Griechenland:Schwimmende Sperre

Die griechischen Behörden wollen mit einer kilometerlangen Kunststoffbarriere im Meer Flüchtlingsboote von der Küste ihrer Inseln fernhalten.

Von Christiane Schlötzer, Istanbul

Athen plant schwimmende Barrieren gegen Migranten

Flüchtlinge kommen in einem Schlauchboot aus der Türkei auf der griechischen Insel Lesbos an. Die Regierung in Athen will künftig mit Kunststoffbarrieren Migranten daran hindern.

(Foto: Kay Nietfeld/dpa)

Mit einer kilometerlangen schwimmenden Kunststoffbarriere vor der Ägäisinsel Lesbos will der griechische Verteidigungsminister Nikos Panagiotopoulos künftig Flüchtlingsboote an der Landung hindern. "Wir wollen sehen, ob das funktioniert, und wo es eingesetzt werden kann", sagte der Politiker der konservativen Regierungspartei Nea Dimokratia (ND) am Donnerstag dem Sender Skai in Athen. In der griechischen Presse wurden die geplanten Absperrungen mit Barrieren gegen Ölteppiche verglichen.
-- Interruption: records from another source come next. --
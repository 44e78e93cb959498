-- ===== src/Diagnosis/Paths/Confined.antt =====
-- diagnosis/scoring.go, safeJoinUnderRoot: what it accepts lies below the root.
use mathlib.Core.Bool.{xor}
use mathlib.Core.List.{reverse, reverse-cons, reverse-append, reverse-reverse, append_assoc}
use amp_sentinel.Prelude.{
  ◌≡◌, refl, sym, ap, ◌∙◌, ◌⊎◌, inl, inr, Bool, true, false, ◌||◌, List, [], ◌∷◌, ◌++◌, none, some,
  arith, if◌then◌else◌, Bool-cases,
}
use amp_sentinel.Prelude.Text.{Text, text_eq, text_eq_refl, is_empty}
use amp_sentinel.Diagnosis.Paths.{
  FilePath, dot, dot_dot, go_up, enter, enter_all, split, is_rooted, clean, join, strip_common,
  starts_up, rel, escapes, safe_join_under_root,
}

-- A name that stands for an entry of a directory: not empty, not `.` and not `..`.
pub record IsProper (n : Text) : Type 0 where
  pub filled : is_empty n ≡ false
  pub not_dot : text_eq n dot ≡ false
  pub not_up : text_eq n dot_dot ≡ false

pub data AllProper : List Text → Type 0 where
  nil : AllProper []
  cons : {n : Text} {ns : List Text} → IsProper n → AllProper ns → AllProper (n ∷ ns)

AllProper-append : {xs ys : List Text} → AllProper xs → AllProper ys → AllProper (xs ++ ys)
AllProper-append nil q = q
AllProper-append (cons h p) q = cons h (AllProper-append p q)

AllProper-reverse : {xs : List Text} → AllProper xs → AllProper (reverse xs)
AllProper-reverse nil = nil
AllProper-reverse (cons {n} {ns} h p) =
    rw (reverse-cons n ns) (AllProper-append (AllProper-reverse p) (cons h nil))

starts_up-append : (xs ys : List Text) → starts_up xs ≡ true → starts_up (xs ++ ys) ≡ true
unfolding starts_up
starts_up-append [] ys h = cc
starts_up-append (x ∷ xs) ys h = h

starts_up-concat :
    (xs : List Text) (n : Text)
    → text_eq n dot_dot ≡ false
    → starts_up (xs ++ n ∷ []) ≡ true
    → starts_up xs ≡ true
unfolding starts_up
starts_up-concat [] n e h = cc
starts_up-concat (x ∷ xs) n e h = h

-- What `Clean` keeps of a path that is not rooted: proper names only, or `..` below all others.
IsStack : List Text → Type 0
IsStack up = AllProper up ⊎ (starts_up (reverse up) ≡ true)

IsStack-push :
    (n : Text) (up : List Text)
    → starts_up (reverse up) ≡ true
    → starts_up (reverse (n ∷ up)) ≡ true
IsStack-push n up h = rw (reverse-cons n up) (starts_up-append (reverse up) (n ∷ []) h)

go_up-IsStack : (up : List Text) → IsStack up → IsStack (go_up false up)
unfolding go_up starts_up IsStack
go_up-IsStack [] h = inr (text_eq_refl dot_dot)
go_up-IsStack (n ∷ up) (inl (cons p ps)) = rw p.not_up (inl ps)
go_up-IsStack (n ∷ up) (inr h) = elim (Bool-cases (text_eq n dot_dot)) [
  | inl e ↦ rw e (inr (IsStack-push dot_dot (n ∷ up) h))
  | inr e ↦ rw e (inr (starts_up-concat (reverse up) n e (rw (reverse-cons n up) at h)))
]

enter-IsStack : (up : List Text) (n : Text) → IsStack up → IsStack (enter false up n)
unfolding enter IsStack
enter-IsStack up n h = elim (Bool-cases (is_empty n)) [
  | inl e ↦ rw e h
  | inr e ↦ elim (Bool-cases (text_eq n dot)) [
    | inl d ↦ rw (e, d) h
    | inr d ↦ elim (Bool-cases (text_eq n dot_dot)) [
      | inl u ↦ rw (e, d, u) (go_up-IsStack up h)
      | inr u ↦ rw (e, d, u) (pushed (record { filled = e; not_dot = d; not_up = u }) h)
    ]
  ]
]
  where
    pushed : IsProper n → IsStack up → IsStack (n ∷ up)
    pushed p (inl ps) = inl (cons p ps)
    pushed p (inr b) = inr (IsStack-push n up b)

enter_all-IsStack : (up ns : List Text) → IsStack up → IsStack (enter_all false up ns)
unfolding enter_all
enter_all-IsStack up [] h = h
enter_all-IsStack up (n ∷ ns) h = enter_all-IsStack (enter false up n) ns (enter-IsStack up n h)

stack-AllProper :
    (up : List Text) → IsStack up → starts_up (reverse up) ≡ false → AllProper (reverse up)
unfolding IsStack
stack-AllProper up (inl ps) e = AllProper-reverse ps
stack-AllProper up (inr b) e = cc

enter_all-AllProper :
    (rooted : Bool) (ns : List Text)
    → rooted ≡ false
    → starts_up (reverse (enter_all rooted [] ns)) ≡ false
    → AllProper (reverse (enter_all rooted [] ns))
unfolding IsStack
enter_all-AllProper true ns r e = cc
enter_all-AllProper false ns r e = stack-AllProper _ (enter_all-IsStack [] ns (inl nil)) e

-- The names of a cleaned relative path are proper, unless the first is `..`.
pub clean-AllProper :
    (p : Text)
    → (clean p).rooted ≡ false
    → escapes (clean p).names ≡ false
    → AllProper (clean p).names
unfolding clean escapes
clean-AllProper p r e = enter_all-AllProper (is_rooted p) (split p) r e

enter_all-proper :
    (rooted : Bool) (up : List Text) {ns : List Text}
    → AllProper ns
    → enter_all rooted up ns ≡ reverse ns ++ up
unfolding enter_all enter
enter_all-proper rooted up nil = refl
enter_all-proper rooted up (cons {n} {ns} h p) =
    rw (h.filled, h.not_dot, h.not_up)
      (enter_all-proper rooted (n ∷ up) p
        ∙ sym (rw (reverse-cons n ns) (append_assoc (reverse ns) (n ∷ []) up)))

enter_all-append :
    (rooted : Bool) (up ms ns : List Text)
    → enter_all rooted up (ms ++ ns) ≡ enter_all rooted (enter_all rooted up ms) ns
unfolding enter_all
enter_all-append rooted up [] ns = refl
enter_all-append rooted up (m ∷ ms) ns = enter_all-append rooted (enter rooted up m) ms ns

enter_all-join :
    (rooted : Bool) (ms : List Text) {ns : List Text}
    → AllProper ns
    → reverse (enter_all rooted [] (ms ++ ns)) ≡ reverse (enter_all rooted [] ms) ++ ns
enter_all-join rooted ms {ns} h =
    let up = enter_all rooted [] ms in
    ap reverse (enter_all-append rooted [] ms ns ∙ enter_all-proper rooted up h)
    ∙ reverse-append (reverse ns) up
    ∙ ap (◌++◌ (reverse up)) (reverse-reverse ns)

-- Joining proper names to a root appends them to the names of the cleaned root.
join-proper :
    (root : Text) (p : FilePath)
    → p.rooted ≡ false
    → AllProper p.names
    → join root p ≡ record { rooted = (clean root).rooted; names = (clean root).names ++ p.names }
unfolding join clean
join-proper [] p r h = λ i. record { rooted = r i; names = p.names }
join-proper (c ∷ root) p r h = λ i. record {
  rooted = is_rooted (c ∷ root);
  names = enter_all-join (is_rooted (c ∷ root)) (split (c ∷ root)) h i;
}

strip_common-prefix : (bs ts : List Text) → strip_common bs (bs ++ ts) ≡ ([], ts)
unfolding strip_common
strip_common-prefix [] ts = refl
strip_common-prefix (b ∷ bs) ts = rw (text_eq_refl b) (strip_common-prefix bs ts)

rel-below :
    (rooted : Bool) (bs ns : List Text)
    → rel (record { rooted = rooted; names = bs }) (record { rooted = rooted; names = bs ++ ns })
      ≡ some ns
unfolding rel xor
rel-below true bs ns = rw (strip_common-prefix bs ns)
rel-below false bs ns = rw (strip_common-prefix bs ns)

-- A path is accepted exactly if, cleaned, it is relative and does not begin with `..`; the result is then the cleaned
-- root, followed by the names of the cleaned path.
pub safe_join_under_root_lem :
    (root path : Text)
    → safe_join_under_root root path ≡ (
        if (clean path).rooted || escapes (clean path).names
        then none
        else some (record {
          rooted = (clean root).rooted;
          names = (clean root).names ++ (clean path).names;
        }))
unfolding safe_join_under_root
safe_join_under_root_lem root path = elim (Bool-cases (clean path).rooted) [
  | inl r ↦ rw r
  | inr r ↦ elim (Bool-cases (escapes (clean path).names)) [
    | inl e ↦ rw (r, e)
    | inr e ↦ rw (join-proper root (clean path) r (clean-AllProper path r e), rel-below, r, e)
  ]
]

-- Every path that is accepted stays below the root: its names are those of the cleaned root, and
-- then only names that are not empty, `.` or `..`.
pub safe_join_under_root_confined :
    (root path : Text) {full : FilePath}
    → safe_join_under_root root path ≡ some full
    → (full.rooted ≡ (clean root).rooted)
      × (full.names ≡ (clean root).names ++ (clean path).names)
      × AllProper (clean path).names
safe_join_under_root_confined root path h =
    ground (arith, safe_join_under_root_lem root path, clean-AllProper path)
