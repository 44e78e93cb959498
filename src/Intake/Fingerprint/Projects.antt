-- ===== src/Intake/Fingerprint/Projects.antt =====
-- intake/handler.go, ComputeFingerprint: the fingerprints of two projects differ.
use amp_sentinel.Prelude.{
  ℕ, zero, suc, ◌*◌, ◌≡◌, refl, ap, ◌∙◌, sym, not, ◌||◌, inl, inr, List, [], ◌∷◌, ◌++◌, Option,
  none, some, any, take, length, arith, length-append, length-take, Bool-cases, Option-cases,
}
use amp_sentinel.Prelude.Text.{Text, utf8}
use amp_sentinel.Intake.Json.{Fields, has_dot}
use amp_sentinel.Intake.Fingerprint.{
  DedupConfig, Codec, hex, hash_bytes, walk, before_key, digest, digest_walk, fast_fingerprint,
  or_hash, slow_fingerprint, configured, fast_or_slow, event_hash, compute_fingerprint, hash_fields,
  hash_default_fields,
}

pub uncons : (a b : ℕ) (p q : Text) → a ∷ p ≡ b ∷ q → (a ≡ b) × (p ≡ q)
uncons a b p q e = ground (arith, e)

-- Two texts that end in texts of one length are equal only if their fronts are.
pub same_front : (p q x y : Text) → length x ≡ length y → p ++ x ≡ q ++ y → p ≡ q
same_front [] [] x y l e = refl
same_front [] (b ∷ q) x y l e = absurd (omega (arith, l, ap length e, length-append q y))
same_front (a ∷ p) [] x y l e = absurd (omega (arith, l, ap length e, length-append p x))
same_front (a ∷ p) (b ∷ q) x y l e =
    let (head, tail) = uncons a b (p ++ x) (q ++ y) e in
    let rest = same_front p q x y l tail in rw (head, rest) refl

length-hex : (b : Text) → length (hex b) ≡ 2 * length b
unfolding hex
length-hex [] = omega arith
length-hex (c ∷ s) = omega (arith, length-hex s)

module _ (codec : Codec) (sum_size : (b : Text) → length (codec.sha256 b) ≡ 32) where
  abbrev pub IsHash : Text → Type 0
  IsHash h = length h ≡ 16

  hash_bytes-IsHash : (b : Text) → IsHash (hash_bytes codec b)
  unfolding hash_bytes
  hash_bytes-IsHash b =
      omega
        (arith, length-hex (take 8 (codec.sha256 b)), length-take 8 (codec.sha256 b), sum_size b)

  or_hash-IsHash :
      (o : Option Text) (payload : Text)
      → ((h : Text) → o ≡ some h → IsHash h)
      → IsHash (or_hash codec o payload)
  unfolding or_hash
  or_hash-IsHash none payload f = hash_bytes-IsHash payload
  or_hash-IsHash (some h) payload f = f h refl

  digest-IsHash : (r : Text × ℕ) (h : Text) → digest codec r ≡ some h → IsHash h
  unfolding digest
  digest-IsHash (acc, zero) h p = absurd (ground (arith, p))
  digest-IsHash (acc, suc n) h p =
      let same : hash_bytes codec acc ≡ h = ground (arith, p) in rw same at (hash_bytes-IsHash acc)

  slow-IsHash :
      (m : Option Fields) (payload : Text) (fields defaults : List Text)
      → IsHash (slow_fingerprint codec m payload fields defaults)
  unfolding slow_fingerprint
  slow-IsHash none payload fields defaults = hash_bytes-IsHash payload
  slow-IsHash (some m) payload [] defaults =
      or_hash-IsHash _ payload (digest-IsHash (hash_default_fields codec m defaults 2))
  slow-IsHash (some m) payload (f ∷ fs) defaults =
      or_hash-IsHash _ payload (digest-IsHash (hash_fields codec m (f ∷ fs)))

  digest_walk-IsHash : (o : Option (Text × ℕ)) (h : Text) → digest_walk codec o ≡ some h → IsHash h
  unfolding digest_walk
  digest_walk-IsHash none h p = absurd (ground (arith, p))
  digest_walk-IsHash (some r) h p = digest-IsHash r h p

  fast-IsHash :
      (payload : Text) (fields : List Text) (h : Text)
      → fast_fingerprint codec payload fields ≡ some h
      → IsHash h
  unfolding fast_fingerprint
  fast-IsHash payload fields h p =
      elim (Bool-cases (any has_dot fields || not (codec.opens_object payload))) [
        | inl b ↦ absurd (ground (arith, p, b))
        | inr b ↦
            digest_walk-IsHash (walk codec fields before_key [] 0 (codec.tokens payload)) h
              (rw b at p)
      ]

  pub event_hash-IsHash :
      (fields : List Text) (payload : Text) (defaults : List Text)
      → IsHash (event_hash codec fields payload defaults)
  unfolding event_hash fast_or_slow
  event_hash-IsHash (f ∷ fs) payload defaults =
      slow-IsHash (codec.unmarshal payload) payload (f ∷ fs) defaults
  event_hash-IsHash [] payload defaults =
      elim (Option-cases (fast_fingerprint codec payload defaults)) [
        | inl e ↦ rw e (slow-IsHash (codec.unmarshal payload) payload [] defaults)
        | inr (h, e) ↦ rw e (fast-IsHash payload defaults h e)
      ]

  -- With a sum of 32 bytes, two events have the same fingerprint only if they belong to the same project.
  pub compute_fingerprint-project :
      (p q : Text) (x y : Text) (c d : Option DedupConfig) (defaults : List Text)
      → compute_fingerprint codec p x c defaults ≡ compute_fingerprint codec q y d defaults
      → p ≡ q
  unfolding compute_fingerprint
  compute_fingerprint-project p q x y c d defaults e =
      let h = event_hash-IsHash (configured codec c) x defaults in
      let g = event_hash-IsHash (configured codec d) y defaults in
      let fronts = same_front (p ++ utf8 ":") (q ++ utf8 ":") _ _ (h ∙ sym g) e in
      same_front p q (utf8 ":") (utf8 ":") refl fronts
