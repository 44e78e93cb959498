-- ===== src/Diagnosis/Payload/Environments.antt =====
-- diagnosis/fingerprint.go, ComputeDiagnosisFingerprint: what two equal fingerprints of a project share.
use amp_sentinel.Prelude.{
  ℕ, ◌+◌, ◌≡◌, refl, sym, ◌∙◌, List, [], ◌∷◌, ◌++◌, Option, length, arith, length-append,
}
use amp_sentinel.Prelude.Text.{Text, utf8}
use amp_sentinel.Intake.Fingerprint.{
  DedupConfig, Codec, configured, event_hash, compute_fingerprint,
}
use amp_sentinel.Intake.Fingerprint.Projects.{uncons, event_hash-IsHash}
use amp_sentinel.Diagnosis.Payload.{
  Patterns, with_environment, normalize_payload, dedup_of, extract_environment,
  compute_diagnosis_fingerprint,
}

pushed : (a : ℕ) (base env : Text) → with_environment (a ∷ base) env ≡ a ∷ with_environment base env
unfolding with_environment
pushed a base [] = refl
pushed a base (c ∷ env) = refl

same_environment :
    (b d : Text) (e f : Text)
    → length b ≡ length d
    → with_environment b e ≡ with_environment d f
    → (b ≡ d) × (e ≡ f)
unfolding with_environment
same_environment [] [] [] [] l h = (refl, refl)
same_environment [] [] [] (c ∷ f) l h = absurd (ground (arith, h))
same_environment [] [] (c ∷ e) [] l h = absurd (ground (arith, h))
same_environment [] [] (c ∷ e) (g ∷ f) l h = ground (arith, h)
same_environment [] (y ∷ d) e f l h = absurd (omega arith)
same_environment (x ∷ b) [] e f l h = absurd (omega arith)
same_environment (x ∷ b) (y ∷ d) e f l h =
    let (head, tail) = uncons x y _ _ (sym (pushed x b e) ∙ h ∙ pushed y d f) in
    let (bases, envs) = same_environment b d e f (omega arith) tail in (rw (head, bases) refl, envs)

colon : length (utf8 ":") ≡ 1
unfolding utf8
colon = refl

module _ (codec : Codec) (sum_size : (b : Text) → length (codec.sha256 b) ≡ 32) where
  length-compute_fingerprint :
      (key payload : Text) (cfg : Option DedupConfig) (defaults : List Text)
      → length (compute_fingerprint codec key payload cfg defaults) ≡ length key + 17
  unfolding compute_fingerprint
  length-compute_fingerprint key payload cfg defaults =
      let hash = event_hash codec (configured codec cfg) payload defaults in
      omega (
        arith,
        length-append key (utf8 ":"),
        length-append (key ++ utf8 ":") hash,
        event_hash-IsHash codec sum_size (configured codec cfg) payload defaults,
        colon,
      )

  -- With a sum of 32 bytes, two payloads of one project have the same diagnosis fingerprint only if they name the same environment and
  -- their normalised payloads have the same fingerprint.
  pub compute_diagnosis_fingerprint-environment :
      (patterns : Patterns) (key x y : Text) (fields defaults : List Text)
      → compute_diagnosis_fingerprint codec patterns key x fields defaults
        ≡ compute_diagnosis_fingerprint codec patterns key y fields defaults
      → (extract_environment codec patterns x ≡ extract_environment codec patterns y)
        × (compute_fingerprint codec key
              (normalize_payload codec patterns x)
              (dedup_of fields)
              defaults
            ≡ compute_fingerprint codec key
                (normalize_payload codec patterns y)
                (dedup_of fields)
                defaults)
  unfolding compute_diagnosis_fingerprint
  compute_diagnosis_fingerprint-environment patterns key x y fields defaults e =
      let cfg = dedup_of fields in
      let base = λ (p : Text).
        compute_fingerprint codec key (normalize_payload codec patterns p) cfg defaults in
      let (bases, envs) =
        same_environment (base x) (base y) _ _
          (length-compute_fingerprint key (normalize_payload codec patterns x) cfg defaults
            ∙ sym
                (length-compute_fingerprint key (normalize_payload codec patterns y) cfg defaults))
          e in
      (envs, bases)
Gesucht wird laut einer Ausschreibung des Verteidigungsministeriums ein privater Anbieter, der einen 2,7 Kilometer langen schwimmenden Zaun herstellen kann. 50 Zentimeter soll er über die Wasseroberfläche ragen, Warnlichter sollen ihn nachts sichtbar machen. Die Kosten werden auf etwa eine halbe Million Euro geschätzt. Errichtet werden soll die Sperre im Norden von Lesbos, wo die Boote gewöhnlich anlanden. Die türkische Küste liegt hier in Sichtweite. Aus dem Ministerium hieß es, wenn die Abwehrbarriere funktioniere, könne man sie auf 13 bis 15 Kilometer verlängern. Panagiotopoulos verglich sie mit dem Zaun, den Griechenland 2012 an Teilen der Landgrenze zur Türkei gebaut hat. Die EU-Kommission teilte am Donnerstag mit, sie wolle Erklärungen von Griechenland zu den geplanten Barrieren.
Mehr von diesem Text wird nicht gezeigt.